(Review for New York Journal of Books) Charlie Savage, the Pulitzer Prize winning New York Times journalist, has put together a wide-ranging and important examination of the Obama presidency focusing on the legal-security challenges of modern war. The huge account, perhaps Savage’s Magnus Opus, chronicles how “interpreting and applying national security law to such turbulent and rapidly changing conditions” post-9/11 was a huge amount of work for an Obama administration that sought to define itself against his predecessor’s record.

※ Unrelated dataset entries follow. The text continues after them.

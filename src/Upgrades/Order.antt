-- ===== src/Upgrades/Order.antt =====
-- `qpqc_sign_bytes_version_for_applied` on entries in another order and on more entries.
use mathlib.Core.Logic.{∥∥₁_elim}
use mathlib.Core.List.{Perm, Permᴰ}
use qorechain_pqc.Base.{
  append-nil, ◌≡◌, refl, ◌∙◌, Bool, ◌||◌, Option, some, List, [], ◌∷◌, ◌++◌, arith, length, ℤ,
}
use qorechain_pqc.Machine.{ConstPtr}
use qorechain_pqc.SignBytes.{sign_bytes_v2}
use qorechain_pqc.Upgrades.{version_for_applied}
use qorechain_pqc.Upgrades.Rule.{
  Answer, applied, counts, names_of, heights_of, rule, version_for_applied-rule,
}

Bool-set : IsSet Bool
Bool-set = hlevel

swap_counts : (a b c : Bool) → (a || (b || c)) ≡ (b || (a || c))
swap_counts a b c = ground arith

applied-permᴰ : {xs ys : List Answer} → Permᴰ xs ys → applied xs ≡ applied ys
unfolding applied
applied-permᴰ Permᴰ.nil = refl
applied-permᴰ (Permᴰ.cons {a} {b} {l₁} {l₂} e p) =
    let ih : applied l₁ ≡ applied l₂ = applied-permᴰ p in rw (e, ih)
applied-permᴰ (Permᴰ.swap {a} {b} {a'} {b'} {l} e f) =
    rw (e, f) (swap_counts (counts b') (counts a') (applied l))
applied-permᴰ (Permᴰ.trans p q) = applied-permᴰ p ∙ applied-permᴰ q

applied-append : (xs ys : List Answer) → applied (xs ++ ys) ≡ (applied xs || applied ys)
unfolding applied
applied-append [] ys = refl
applied-append (x ∷ xs) ys = ground (arith, applied-append xs ys)

abbrev pub asked : ConstPtr → List Answer → Option ℤ
asked chain_id answers =
    version_for_applied chain_id (some (names_of answers)) (some (heights_of answers))
      (length answers)

pub asked-rule :
    (chain_id : ConstPtr) (answers : List Answer)
    → asked chain_id answers ≡ some (rule chain_id (applied answers))
asked-rule chain_id answers =
    rw (append-nil (names_of answers), append-nil (heights_of answers)) at
      (version_for_applied-rule chain_id answers [] [])

-- For arrays of names and heights as long as each other: entries in another order give the same
-- answer.
version_for_applied-perm :
    (chain_id : ConstPtr) (xs ys : List Answer) → Perm xs ys → asked chain_id xs ≡ asked chain_id ys
version_for_applied-perm chain_id xs ys p = rw (
  asked-rule chain_id xs,
  asked-rule chain_id ys,
  ∥∥₁_elim p (Bool-set (applied xs) (applied ys)) applied-permᴰ,
)

-- If the answers of a network say v2, they still do with any further entries in front of them and
-- behind them.
pub version_for_applied_stays :
    (chain_id : ConstPtr) (before answers after : List Answer)
    → asked chain_id answers ≡ some sign_bytes_v2
    → asked chain_id (before ++ (answers ++ after)) ≡ some sign_bytes_v2
unfolding rule
version_for_applied_stays chain_id before answers after h = ground (
  arith,
  asked-rule chain_id answers,
  asked-rule chain_id (before ++ (answers ++ after)),
  applied-append before (answers ++ after),
  applied-append answers after,
)
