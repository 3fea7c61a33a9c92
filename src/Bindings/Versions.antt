-- ===== src/Bindings/Versions.antt =====
-- The choice of the form in the five bindings and in c/qorechain_pqc.c, for the same records.
use qorechain_pqc.Base.{
  ◌≡◌, refl, sym, ap, ◌∙◌, ℤ, pos, Bool, ◌||◌, Option, none, some, List, [], ◌∷◌, map, arith, Text,
  codes, strcmp, str_eq,
}
use qorechain_pqc.Upgrades.{v2_upgrades}
use qorechain_pqc.Upgrades.Rule.{Answer, is_positive, applied, rule}
use qorechain_pqc.Upgrades.Order.{asked, asked-rule}
use qorechain_pqc.Bindings.{Height, number, Applied, Dict}
use qorechain_pqc.Bindings.Go
use qorechain_pqc.Bindings.Java
use qorechain_pqc.Bindings.Js
use qorechain_pqc.Bindings.Python
use qorechain_pqc.Bindings.Rust
use qorechain_pqc.Bindings.Forms.{number_of, version_number}
use qorechain_pqc.Bindings.Heights.{
  typed, records, higher_of_two, rust_two, java_two, either_typed, js_typed,
}

str_eq_comm : (s t : Text) → str_eq s t ≡ str_eq t s
unfolding strcmp
str_eq_comm [] [] = refl
str_eq_comm [] (b ∷ t) = refl
str_eq_comm (a ∷ s) [] = refl
str_eq_comm (a ∷ s) (b ∷ t) = ground (arith, str_eq_comm s t)

-- The same records as the arrays of the C function.
abbrev pub answer_for : Applied → Text → Answer
answer_for heights name = record { name = some name; height = Go.lookup (heights name) }

abbrev pub answers_for : Applied → List Answer
answers_for heights = map (answer_for heights) v2_upgrades

-- Some known plan was applied.
abbrev switched : Applied → Bool
switched heights =
    is_positive (Go.lookup (heights (codes "v3.2.0")))
    || is_positive (Go.lookup (heights (codes "v3.1.98")))

applied-answers_for : (heights : Applied) → applied (answers_for heights) ≡ switched heights
unfolding applied strcmp
applied-answers_for heights = ground arith

module _ (chain_id : Text) where
  abbrev rule_of : Bool → ℤ
  rule_of switched = rule (some chain_id) switched

  go_for : (h : ℤ) → Go.sign_bytes_version_for chain_id h ≡ rule_of (is_positive h)
  unfolding Go.sign_bytes_version_for rule
  go_for h = ground (
    arith,
    str_eq_comm (codes "qorechain-vladi") chain_id,
    str_eq_comm (codes "qorechain-diana") chain_id,
  )

  go-rule :
      (heights : Applied)
      → Go.sign_bytes_version_for_applied chain_id heights ≡ rule_of (switched heights)
  unfolding Go.sign_bytes_version_for_applied
  go-rule heights =
      go_for _
      ∙ ap rule_of (
          higher_of_two (Go.lookup (heights (codes "v3.2.0")))
            (Go.lookup (heights (codes "v3.1.98"))))

  rust_for : (h : ℤ) → number_of (Rust.sign_bytes_version_for chain_id h) ≡ rule_of (is_positive h)
  unfolding Rust.sign_bytes_version_for rule
  rust_for h = ground arith

  rust-rule :
      (heights : Applied)
      → number_of (Rust.sign_bytes_version_for_applied chain_id heights)
        ≡ rule_of (switched heights)
  unfolding Rust.sign_bytes_version_for_applied
  rust-rule heights =
      rust_for _ ∙ ap rule_of (rust_two (heights (codes "v3.2.0")) (heights (codes "v3.1.98")))

  python_for :
      (v : Height)
      → version_number (Python.sign_bytes_version_for chain_id v)
        ≡ rule_of (is_positive (Python.height v))
  unfolding Python.sign_bytes_version_for rule strcmp
  python_for v = ground arith

  python-rule :
      (heights : Option Dict)
      → version_number (Python.sign_bytes_version_for_applied chain_id heights)
        ≡ rule_of (switched (records heights))
  unfolding Python.sign_bytes_version_for_applied
  python-rule none = python_for (number (pos 0))
  python-rule (some heights) =
      python_for _
      ∙ ap rule_of (
          higher_of_two (Python.height (Python.get (heights (codes "v3.2.0"))))
            (Python.height (Python.get (heights (codes "v3.1.98"))))
          ∙ either_typed (heights (codes "v3.2.0")) (heights (codes "v3.1.98")))

  js_for :
      (v : Height)
      → version_number (Js.sign_bytes_version_for chain_id v)
        ≡ rule_of (is_positive (Js.to_height v))
  unfolding Js.sign_bytes_version_for rule strcmp
  js_for v = ground arith

  js-rule :
      (heights : Option Dict)
      → version_number (Js.sign_bytes_version_for_applied chain_id heights)
        ≡ rule_of (switched (records heights))
  unfolding Js.sign_bytes_version_for_applied
  js-rule none = js_for (number (pos 0))
  js-rule (some heights) =
      js_for _
      ∙ ap rule_of (
          higher_of_two (Js.to_height (Js.get_in (some heights) (codes "v3.2.0")))
            (Js.to_height (Js.get_in (some heights) (codes "v3.1.98")))
          ∙ ap
              (λ h.
                is_positive h
                || is_positive (Js.to_height (Js.get_in (some heights) (codes "v3.1.98"))))
              (js_typed (heights (codes "v3.2.0")))
          ∙ ap (λ h. is_positive (Go.lookup (typed (heights (codes "v3.2.0")))) || is_positive h)
              (js_typed (heights (codes "v3.1.98"))))

  java_for :
      (h : ℤ) → Java.sign_bytes_version_for (some chain_id) h ≡ some (rule_of (is_positive h))
  unfolding Java.sign_bytes_version_for rule
  java_for h = ground arith

  java-rule :
      (heights : Applied)
      → Java.sign_bytes_version_for_applied (some chain_id) (some heights)
        ≡ some (rule_of (switched heights))
  unfolding Java.sign_bytes_version_for_applied
  java-rule heights =
      java_for _
      ∙ ap (λ b. some (rule_of b)) (java_two (heights (codes "v3.2.0")) (heights (codes "v3.1.98")))

  -- For any chain-id and any records, `qpqc_sign_bytes_version_for_applied` on the arrays of the known
  -- names and their heights, and the functions of the Go, Rust, Python, JavaScript and Java bindings on
  -- the map, name the same form; a record that is missing, None or empty counts as height 0.
  pub same_version :
      (heights : Option Dict)
      → (asked (some chain_id) (answers_for (records heights))
          ≡ some (Go.sign_bytes_version_for_applied chain_id (records heights)))
        × (number_of (Rust.sign_bytes_version_for_applied chain_id (records heights))
            ≡ Go.sign_bytes_version_for_applied chain_id (records heights))
        × (version_number (Python.sign_bytes_version_for_applied chain_id heights)
            ≡ Go.sign_bytes_version_for_applied chain_id (records heights))
        × (version_number (Js.sign_bytes_version_for_applied chain_id heights)
            ≡ Go.sign_bytes_version_for_applied chain_id (records heights))
        × (Java.sign_bytes_version_for_applied (some chain_id) (some (records heights))
            ≡ some (Go.sign_bytes_version_for_applied chain_id (records heights)))
  same_version heights =
      let go = sym (go-rule (records heights)) in
      (
        asked-rule (some chain_id) (answers_for (records heights))
            ∙ ap (λ b. some (rule_of b)) (applied-answers_for (records heights))
            ∙ ap some go,
        rust-rule (records heights) ∙ go,
        python-rule heights ∙ go,
        js-rule heights ∙ go,
        java-rule (records heights) ∙ ap some go,
      )
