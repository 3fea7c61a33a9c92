-- ===== src/Hash.antt =====
-- `qpqc_shake256` and `qpqc_pubkey_hash` of c/qorechain_pqc.c, over OpenSSL's digest interface.
pub mod Laws
use qorechain_pqc.Base.{ℕ, ◌≡◌, ◌≤◌, Bool, true, Option, none, some, List, length, take}
use qorechain_pqc.Machine.{Ptr, ConstPtr, M, fault, pure, ◌>>=◌, ◌>>◌, store, read}
use qorechain_pqc.Oqs.{object_new, object_free}

-- OpenSSL's digest calls for SHAKE-256 over the states of a context. Each gives the status that it
-- returns, true for 1, and what it leaves in the context, or in its output buffer; `none` is
-- undefined behaviour, which a call on a context where an earlier call failed may have.
pub record Evp (C : Type 0) : Type 0 where
  -- what `EVP_MD_CTX_new` makes
  pub new_ctx : C
  -- `EVP_DigestInit_ex` with `EVP_shake256()`
  pub init : C → Option (Bool × C)
  -- `EVP_DigestUpdate`
  pub update : C → (data' : List ℕ) → Option (Bool × C)
  -- `EVP_DigestFinalXOF` for n bytes, and the bytes that it writes, on failure too
  pub final_xof : C → (n : ℕ) → Option (Bool × List ℕ)

-- An extendable-output function: n bytes on request, and fewer bytes are a prefix of more. If each of
-- the three calls returns 1, the bytes written are its output; no call writes more than is asked for.
pub record XofLaws {C : Type 0} (evp : Evp C) (shake : List ℕ → ℕ → List ℕ) : Type 0 where
  pub length-shake : (d : List ℕ) (n : ℕ) → length (shake d n) ≡ n
  pub shake_prefix : (d : List ℕ) (m n : ℕ) → m ≤ n → shake d m ≡ take m (shake d n)
  pub within :
      (c : C) (n : ℕ) (ok : Bool) (bytes : List ℕ)
      → evp.final_xof c n ≡ some (ok, bytes)
      → length bytes ≤ n
  pub computes :
      (c c' : C) (d bytes : List ℕ) (n : ℕ)
      → evp.init evp.new_ctx ≡ some (true, c)
      → evp.update c d ≡ some (true, c')
      → evp.final_xof c' n ≡ some (true, bytes)
      → bytes ≡ shake d n

-- A call whose status the code does not look at.
abbrev pub unchecked : {A : Type 0} → Option (Bool × A) → M A
unchecked none = λ w. fault
unchecked (some (_, a)) = pure a

module _ {C : Type 0} (evp : Evp C) (src : ConstPtr) (src_len : ℕ) (out : Ptr) (out_len : ℕ) where
  digest : C → M (Unit {0})
  digest ctx = do
    ctx' ← unchecked (evp.init ctx)
    d ← read src src_len
    ctx'' ← unchecked (evp.update ctx' d)
    bytes ← unchecked (evp.final_xof ctx'' out_len)
    store out 0 bytes

  -- `EVP_DigestInit_ex` on a context that `EVP_MD_CTX_new` could not make is undefined.
  with_context : Option C → M (Unit {0})
  unfolding digest
  with_context none = λ w. fault
  with_context (some ctx) = do digest ctx; object_free

  unfoldable pub shake256 : M (Unit {0})
  unfolding with_context
  shake256 = do ctx ← object_new (some evp.new_ctx); with_context ctx

unfoldable pub pubkey_hash : {C : Type 0} → Evp C → ConstPtr → ℕ → Ptr → ℕ → M (Unit {0})
pubkey_hash evp pk pk_len out out_len = shake256 evp pk pk_len out out_len
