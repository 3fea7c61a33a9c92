-- ===== src/Hash/Laws.antt =====
-- The branches of `qpqc_shake256` and `qpqc_pubkey_hash`.
use mathlib.Core.Path.{subst}
use qorechain_pqc.Base.{
  ℕ, ◌≤◌, ◌≡◌, refl, ap, ◌∙◌, ◌⊎◌, Bool, ◌&&◌, Option, ◌>>=◌, Bool-cases, Option-cases, inl, inr,
  true, false, none, some, List, arith, length, take,
}
use qorechain_pqc.Machine.{Ptr, Cell, ConstPtr, World, Run, done, fault, store, set_block}
use qorechain_pqc.Machine.Args.{Holds, ticked}
use qorechain_pqc.Machine.Ends.{read_eq, over, write_over}
use qorechain_pqc.Oqs.{object_new, object_free}
use qorechain_pqc.Hash.{Evp, XofLaws, shake256, pubkey_hash}

-- What OpenSSL's three calls make of these data: whether each returned 1, and the bytes written, or
-- `none` if one of them has undefined behaviour.
abbrev pub hashed : {C : Type 0} → Evp C → List ℕ → ℕ → Option (Bool × List ℕ)
hashed evp d n = do
  (begun, c) ← evp.init evp.new_ctx
  (fed, c') ← evp.update c d
  (read_out, bytes) ← evp.final_xof c' n
  some (begun && (fed && read_out), bytes)

module _ {C : Type 0} (evp : Evp C) (shake : List ℕ → ℕ → List ℕ) (laws : XofLaws evp shake)
    (d : List ℕ) (n : ℕ) where
  -- What is known of the bytes.
  abbrev pub Digest : Option (Bool × List ℕ) → Type 0
  Digest none = Unit
  Digest (some (ok, bytes)) = (length bytes ≤ n) × ((ok ≡ false) ⊎ (bytes ≡ shake d n))

  all_true :
      (begun fed read_out : Bool) (bytes : List ℕ)
      → (begun ≡ true → fed ≡ true → read_out ≡ true → bytes ≡ shake d n)
      → ((begun && (fed && read_out)) ≡ false) ⊎ (bytes ≡ shake d n)
  all_true false fed read_out bytes h = inl refl
  all_true true false read_out bytes h = inl refl
  all_true true true false bytes h = inl refl
  all_true true true true bytes h = inr (h refl refl refl)

  pub hashed-Digest : Digest (hashed evp d n)
  hashed-Digest = elim (Option-cases (evp.init evp.new_ctx)) [
    | inl undefined ↦ rw undefined tt
    | inr ((begun, c), first) ↦ elim (Option-cases (evp.update c d)) [
      | inl undefined ↦ rw (first, undefined) tt
      | inr ((fed, c'), second) ↦ elim (Option-cases (evp.final_xof c' n)) [
        | inl undefined ↦ rw (first, second, undefined) tt
        | inr ((read_out, bytes), third) ↦
            rw (first, second, third)
              (
                laws.within c' n read_out bytes third,
                all_true begun fed read_out bytes (λ b f r.
                    laws.computes c c' d bytes n (first ∙ ap (λ o. some (o, c)) b)
                      (second ∙ ap (λ o. some (o, c')) f) (third ∙ ap (λ o. some (o, bytes)) r)),
              )
      ]
    ]
  ]

module _ {C : Type 0} (evp : Evp C) (src : ConstPtr) (src_len : ℕ) (d : List ℕ)
    (hd : Holds src src_len d) (out : Ptr) (cells : List Cell) (w : World)
    (place : w.block out ≡ some cells) where
  -- The state after these bytes were written.
  abbrev pub digested : List ℕ → World
  digested bytes = set_block out (some (over bytes cells)) (ticked w)

  abbrev stored : Option (Bool × List ℕ) → Run (Unit {0})
  stored none = fault
  stored (some (ok, bytes)) = done tt (digested bytes)

  shake256-stored :
      (n : ℕ)
      → ((c : C) (ok : Bool) (bytes : List ℕ)
          → evp.final_xof c n ≡ some (ok, bytes)
          → length bytes ≤ length cells)
      → w.refuse w.calls ≡ false
      → shake256 evp src src_len out n w ≡ stored (hashed evp d n)
  unfolding shake256 object_new object_free store
  shake256-stored n room grant = elim (Option-cases (evp.init evp.new_ctx)) [
    | inl undefined ↦ rw (grant, undefined)
    | inr ((begun, c), first) ↦ elim (Option-cases (evp.update c d)) [
      | inl undefined ↦ rw (grant, first, read_eq src src_len d hd, undefined)
      | inr ((fed, c'), second) ↦ elim (Option-cases (evp.final_xof c' n)) [
        | inl undefined ↦ rw (grant, first, read_eq src src_len d hd, second, undefined)
        | inr ((read_out, bytes), third) ↦ rw (
          grant,
          first,
          read_eq src src_len d hd,
          second,
          third,
          place,
          write_over bytes cells (room c' read_out bytes third),
        )
      ]
    ]
  ]

  -- On data that may be read, with an output buffer that has room for n bytes, `qpqc_shake256` runs
  -- into undefined behaviour if OpenSSL has no context to give, and if it has one, only where a call of
  -- OpenSSL has no defined behaviour, such as on a context where a call before failed. Else it returns
  -- with the context given back, and nothing but the first n bytes of the output buffer has changed:
  -- they are those of SHAKE-256, unless one of the three calls failed. The code returns in the same
  -- way, with whatever bytes OpenSSL wrote, if one failed.
  pub shake256-digested :
      (shake : List ℕ → ℕ → List ℕ)
      → XofLaws evp shake
      → (n : ℕ) → n ≤ length cells
      → ((w.refuse w.calls ≡ true) × (shake256 evp src src_len out n w ≡ fault))
        ⊎ ((w.refuse w.calls ≡ false)
            × (hashed evp d n ≡ none)
            × (shake256 evp src src_len out n w ≡ fault))
        ⊎ ((w.refuse w.calls ≡ false)
            × (ok : Bool) × (bytes : List ℕ) × (hashed evp d n ≡ some (ok, bytes))
            × (shake256 evp src src_len out n w ≡ done tt (digested bytes))
            × (length bytes ≤ n)
            × ((ok ≡ false) ⊎ (bytes ≡ shake d n)))
  unfolding shake256 object_new
  shake256-digested shake laws n room = elim (Bool-cases (w.refuse w.calls)) [
    | inl refused ↦ inl (refused, rw refused)
    | inr grant ↦
        let run =
          shake256-stored n (λ c ok bytes e. omega (arith, laws.within c n ok bytes e)) grant in
        elim (Option-cases (hashed evp d n)) [
          | inl undefined ↦ inr (inl (grant, undefined, run ∙ ap stored undefined))
          | inr ((ok, bytes), made) ↦
              let (fits, digest) =
                subst (Digest evp shake laws d n) made (hashed-Digest evp shake laws d n) in
              inr (inr (grant, ok, bytes, made, run ∙ ap stored made, fits, digest))
        ]
  ]

  -- `pubkey_hash` to m bytes stores the first m of the n bytes that SHAKE-256 of the key gives, for
  -- every n from m on. OpenSSL has a context and its calls return 1, the output buffer has room, and
  -- the key may be read.
  pubkey_hash-take :
      (shake : List ℕ → ℕ → List ℕ)
      → XofLaws evp shake
      → (m n : ℕ) (bytes : List ℕ) → w.refuse w.calls ≡ false
      → m ≤ n
      → m ≤ length cells
      → hashed evp d m ≡ some (true, bytes)
      → pubkey_hash evp src src_len out m w ≡ done tt (digested (take m (shake d n)))
  unfolding pubkey_hash
  pubkey_hash-take shake laws m n bytes grant le room made =
      let run = shake256-stored m (λ c ok bs e. omega (arith, laws.within c m ok bs e)) grant in
      let known = subst (Digest evp shake laws d m) made (hashed-Digest evp shake laws d m) in
      run
      ∙ ap stored made
      ∙ ap (λ bs. done tt (digested bs))
          (elim known.1 [
            | inl failed ↦ absurd (ground (arith, failed))
            | inr right ↦ right ∙ laws.shake_prefix d m n le
          ])
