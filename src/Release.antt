-- ===== src/Release.antt =====
-- `qpqc_free` of c/qorechain_pqc.c.
pub mod Laws
use qorechain_pqc.Base.{ℕ, Option, none, some, List, ◌==◌, leb, if◌then◌else◌, length}
use qorechain_pqc.Machine.{
  Ptr, null, Cell, World, Run, done, fault, M, pure, ◌>>=◌, ◌>>◌, set_block, free,
}
use qorechain_pqc.Oqs.{Oqs}

cleanse_block : Oqs → Ptr → ℕ → World → Option (List Cell) → Run (Unit {0})
cleanse_block oqs p n w none = fault
cleanse_block oqs p n w (some cells) =
    if leb n (length cells) then done tt (set_block p (some (oqs.cleanse n cells)) w) else fault

-- `OQS_MEM_cleanse`
unfoldable pub mem_cleanse : Oqs → Ptr → ℕ → M (Unit {0})
unfolding cleanse_block
mem_cleanse oqs p n w = cleanse_block oqs p n w (w.block p)

unfoldable pub qpqc_free : Oqs → Ptr → ℕ → M (Unit {0})
qpqc_free oqs buf len = if buf == null then pure tt else do mem_cleanse oqs buf len; free buf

Obama had promised “unprecedented level of openness in government” reversing a culture the Democrats claimed the Bush administration had created. Savage explains that Cheney in particular saw the law as encroaching on presidential power. The accumulation of executive power by the Bush presidency and potential violations of civil liberties and the rule of law, saw a response from Obama but one that was actually more continuity than change and was, as Savage writes, “more hawkish than many had expected.”
Indeed the Obama administration would focus on the ensuring the rule of law and not rolling back on the challenges to civil liberties. The focus was on waging a rules-based war, and as Obama would say “we do need to update our institutions to deal with this threat.”
Power Wars tracks in some detail how difficult Obama found it to end some of the programs that Bush had initiated. Nowhere was this difficulty more obvious than in the case of the failure to close Guantanamo Bay. While the new president would describe the closure as “really important to me and to the country” and order it closed in 2009, over seven years later it remains open at huge cost to the American taxpayer, not to mention that it continues to hemorrhage U.S. reputation legitimacy (witness ISIS use of the iconic jumpsuits used by its hostages). One hundred seven prisoners are still being held at the camp at the time of writing, and Savage contrasts how the executive branch closed Bagram prison fairly easily but with involvement of Congress and the courts couldn’t close Guantanamo Bay.
Facing the legal-security challenges saw Obama, who’d spent a decade teaching constitutional law, evolve into a extremely pragmatic “lawyerly” president. Yet Savage’s chronicle highlights the gap between rhetoric and action. The treatment and processing of “terrorist” suspects showed this challenge for a White House facing new problems and an extremely hostile Congress. The notion of moving suspects to civilian courts became a political hot potato and led Obama to adopt a military-civilian hybrid model. This was a costly choice, and in 2014 the US government spent $78 million, not including personnel costs, to achieve just 33 days of hearings in military commissions.
Savage is well placed to take us on the journey of the Obama presidency, having good contacts on his “beat” although his continual reminder that sections were being reported “for the first time” eventually begins to grate somewhat. The interaction of politics and personality at the top levels of government reads as a bureaucratic soap opera around the scope and limits of executive power in a new type of war.
Power Wars explores the challenges of bulk data collection and the prism scheme that by October 2011 saw the government was collecting “more than two hundred and fifty million Internet communications each year.” Snowden, Manning and Wikileaks all make an appearance as part of the story around the antagonism between secrecy versus transparency.
The impact of Snowden’s leaks are well told as having “killed a major, long-running program that was collecting data about Americans’ communications in bulk.” Yet Obama’s “war against whistleblowers” would see nine criminal cases on leaking in his first seven years compared to three under all previous presidents. Savage is clear where he stands on this issue writing that he opposes “the criminalization of unauthorized disclosures.”
While Obama did succeed in reducing the number of newly created classified secrets, other intentions were delayed by the difficulty in deescalating counterterrorism programs in the face of opposition who were warning that they would lead to “blood on his hands.”
In addition, the full range of in fighting between various Washington bodies is displayed in fights between the CIA and Senate Intelligence Committee, the White House and Congress, State and Pentagon, and many others. Obama’s pragmatism was sorely tested, and he steadily adapted to a “governing realpolitik in an era of congressional gridlock.”
One of the most high profile tactics of the Obama administration was the use of drone warfare and targeted killings. An interesting point is touched on but not hugely explored as to the challenge of how to define who is directly associated with Al Qaeda and therefore a legitimate target. Meanwhile the high profile killing of the American citizen Anwar al-Awlaki is explained as not a deliberate targeting but rather a consequence of his presence alongside other Al Qaeda leaders who were targets at the time. Yet Savage acknowledges the damage from the episode and that “the secrecy surrounding the killing of al-Awlaki raised a challenge to democratic accountability and America’s system of self-government.”
The overall narrative of Savage’s work is that of a president who wanted to scale back U.S. interventions abroad but found that the world and in particular his own domestic political system, wouldn’t cooperate. This sees Power Wars finish with an unanswered question following the Libya and Syria wars and the rise of ISIS about whether the U.S. now faces a never-ending conflict despite Obama being clear that America’s interests are not served by “endless war.”